Collected data:

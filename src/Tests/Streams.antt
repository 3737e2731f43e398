-- ===== src/Tests/Streams.antt =====
-- The STREAM codec of protocol/codec/stream.ts at concrete inputs.
use axtp_ts_runtime.Common.{ℕ, List, [], ◌∷◌, some, returns, ◌≡◌, refl, arith}
use axtp_ts_runtime.Io.Reader.{
  read_u32, read_u32_strict, read_u64, read_u64_strict, read_bytes, read_bytes_strict, byte_at,
}
use axtp_ts_runtime.StreamCodec.{StreamPayload, encode_stream, decode_stream}
use axtp_ts_runtime.StreamCodec.Laws.{decode_stream-encode_stream}

abbrev chunk : StreamPayload
chunk = record {
  stream_id = 7;
  seq_id = 0x01020304;
  cursor = 0x1122334455667788;
  bytes = 9 ∷ 8 ∷ [];
}

abbrev chunk_bytes : List ℕ
chunk_bytes =
    0 ∷ 0 ∷ 0 ∷ 7 ∷ 1 ∷ 2 ∷ 3 ∷ 4 ∷ 0x11 ∷ 0x22 ∷ 0x33 ∷ 0x44 ∷ 0x55 ∷ 0x66 ∷ 0x77 ∷ 0x88 ∷ 9 ∷ 8
    ∷ []

run_encode : encode_stream chunk ≡ chunk_bytes
unfolding encode_stream
run_encode = refl

run_decode : decode_stream chunk_bytes ≡ returns (some chunk)
unfolding decode_stream read_u32 read_u32_strict read_u64 read_u64_strict read_bytes
    read_bytes_strict byte_at
run_decode = refl

decode_stream-encode_stream_example : decode_stream (encode_stream chunk) ≡ returns (some chunk)
decode_stream-encode_stream_example = decode_stream-encode_stream chunk (omega arith)
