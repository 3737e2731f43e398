-- ===== src/Tests/Timers.antt =====
-- The heartbeat of endpoint/timers.ts and the coordinator of endpoint/reconnect.ts at concrete inputs.
use axtp_ts_runtime.Common.{◌-◌, ◌≤◌, List, [], ◌∷◌, some, Bool, true, false, All, ◌≡◌, refl, arith}
use axtp_ts_runtime.Heartbeat.{Heartbeat, new_heartbeat, on_tick, on_timeout, start, elapse}
use axtp_ts_runtime.Heartbeat.Peer.{falls_silent, Outcome, elapse-start}
use axtp_ts_runtime.Reconnect.{
  ResolvedPolicy, default_reconnect_policy, new_coordinator, arms, calls_factory, on_failed,
  on_error, ReconnectInput, starts, rejects, fires, reconnect_run,
}
use axtp_ts_runtime.Reconnect.Bounds.{
  armings, reports, budget, start_count, IsTimely, reconnect_run-bounds,
}

-- A probe every 2 milliseconds, and a timeout of 3.
abbrev fast : Heartbeat
fast = new_heartbeat 2 3

-- An answer in the second millisecond, and none from then on.
abbrev answers : List Bool
answers = false ∷ true ∷ false ∷ false ∷ false ∷ false ∷ []

run_elapse : (elapse answers 11 (start 10 fast)).1 ≡ on_tick ∷ on_tick ∷ on_timeout ∷ []
unfolding elapse start
run_elapse = refl

elapse-start_example : Outcome (falls_silent 3 (3 - 1) answers) (elapse answers 11 (start 10 fast))
elapse-start_example = elapse-start answers 10 fast (omega arith) refl

-- Two attempts, without jitter.
abbrev twice : ResolvedPolicy
twice = record default_reconnect_policy { max_attempts = some 2; jitter = false }

abbrev inputs : List ReconnectInput
inputs = starts ∷ fires 0 ∷ rejects ∷ fires 1 ∷ rejects ∷ []

run_reconnect :
    (reconnect_run twice (λ n bound. 0) inputs new_coordinator).1
    ≡ arms 1000 ∷ calls_factory ∷ on_error ∷ arms 2000 ∷ calls_factory ∷ on_error ∷ on_failed ∷ []
unfolding reconnect_run
run_reconnect = refl

reconnect_run-bounds_example :
    let outputs = (reconnect_run twice (λ n bound. 0) inputs new_coordinator).1 in
    (armings outputs ≤ budget 2 inputs)
    × (reports outputs ≤ start_count inputs)
    × All (IsTimely twice 2 (λ n bound. 0) (λ n bound. omega arith)) outputs
reconnect_run-bounds_example =
    reconnect_run-bounds twice 2 (λ n bound. 0) (λ n bound. omega arith) inputs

Work to complete:
Repeat each of the entries above precisely as given.

Task answer:
filename src/Tests/Streams.antt
repository 3737e2731f43e398
-- ===== src/Tests/Streams.antt =====
-- The STREAM codec of protocol/codec/stream.ts at concrete inputs.
use axtp_ts_runtime.Common.{ℕ, List, [], ◌∷◌, some, returns, ◌≡◌, refl, arith}
use axtp_ts_runtime.Io.Reader.{
  read_u32, read_u32_strict, read_u64, read_u64_strict, read_bytes, read_bytes_strict, byte_at,
}
use axtp_ts_runtime.StreamCodec.{StreamPayload, encode_stream, decode_stream}
use axtp_ts_runtime.StreamCodec.Laws.{decode_stream-encode_stream}

abbrev chunk : StreamPayload
chunk = record {
  stream_id = 7;
  seq_id = 0x01020304;
  cursor = 0x1122334455667788;
  bytes = 9 ∷ 8 ∷ [];
}

abbrev chunk_bytes : List ℕ
chunk_bytes =
    0 ∷ 0 ∷ 0 ∷ 7 ∷ 1 ∷ 2 ∷ 3 ∷ 4 ∷ 0x11 ∷ 0x22 ∷ 0x33 ∷ 0x44 ∷ 0x55 ∷ 0x66 ∷ 0x77 ∷ 0x88 ∷ 9 ∷ 8
    ∷ []

run_encode : encode_stream chunk ≡ chunk_bytes
unfolding encode_stream
run_encode = refl

run_decode : decode_stream chunk_bytes ≡ returns (some chunk)
unfolding decode_stream read_u32 read_u32_strict read_u64 read_u64_strict read_bytes
    read_bytes_strict byte_at
run_decode = refl

decode_stream-encode_stream_example : decode_stream (encode_stream chunk) ≡ returns (some chunk)
decode_stream-encode_stream_example = decode_stream-encode_stream chunk (omega arith)
repository 3737e2731f43e398
-- ===== src/Tests/Timers.antt =====
-- The heartbeat of endpoint/timers.ts and the coordinator of endpoint/reconnect.ts at concrete inputs.
use axtp_ts_runtime.Common.{◌-◌, ◌≤◌, List, [], ◌∷◌, some, Bool, true, false, All, ◌≡◌, refl, arith}
use axtp_ts_runtime.Heartbeat.{Heartbeat, new_heartbeat, on_tick, on_timeout, start, elapse}
use axtp_ts_runtime.Heartbeat.Peer.{falls_silent, Outcome, elapse-start}
use axtp_ts_runtime.Reconnect.{
  ResolvedPolicy, default_reconnect_policy, new_coordinator, arms, calls_factory, on_failed,
  on_error, ReconnectInput, starts, rejects, fires, reconnect_run,
}
use axtp_ts_runtime.Reconnect.Bounds.{
  armings, reports, budget, start_count, IsTimely, reconnect_run-bounds,
}

-- A probe every 2 milliseconds, and a timeout of 3.
abbrev fast : Heartbeat
fast = new_heartbeat 2 3

-- An answer in the second millisecond, and none from then on.
abbrev answers : List Bool
answers = false ∷ true ∷ false ∷ false ∷ false ∷ false ∷ []

run_elapse : (elapse answers 11 (start 10 fast)).1 ≡ on_tick ∷ on_tick ∷ on_timeout ∷ []
unfolding elapse start
run_elapse = refl

elapse-start_example : Outcome (falls_silent 3 (3 - 1) answers) (elapse answers 11 (start 10 fast))
elapse-start_example = elapse-start answers 10 fast (omega arith) refl

-- Two attempts, without jitter.
abbrev twice : ResolvedPolicy
twice = record default_reconnect_policy { max_attempts = some 2; jitter = false }

abbrev inputs : List ReconnectInput
inputs = starts ∷ fires 0 ∷ rejects ∷ fires 1 ∷ rejects ∷ []

run_reconnect :
    (reconnect_run twice (λ n bound. 0) inputs new_coordinator).1
    ≡ arms 1000 ∷ calls_factory ∷ on_error ∷ arms 2000 ∷ calls_factory ∷ on_error ∷ on_failed ∷ []
unfolding reconnect_run
run_reconnect = refl

reconnect_run-bounds_example :
    let outputs = (reconnect_run twice (λ n bound. 0) inputs new_coordinator).1 in
    (armings outputs ≤ budget 2 inputs)
    × (reports outputs ≤ start_count inputs)
    × All (IsTimely twice 2 (λ n bound. 0) (λ n bound. omega arith)) outputs
reconnect_run-bounds_example =
    reconnect_run-bounds twice 2 (λ n bound. 0) (λ n bound. omega arith) inputs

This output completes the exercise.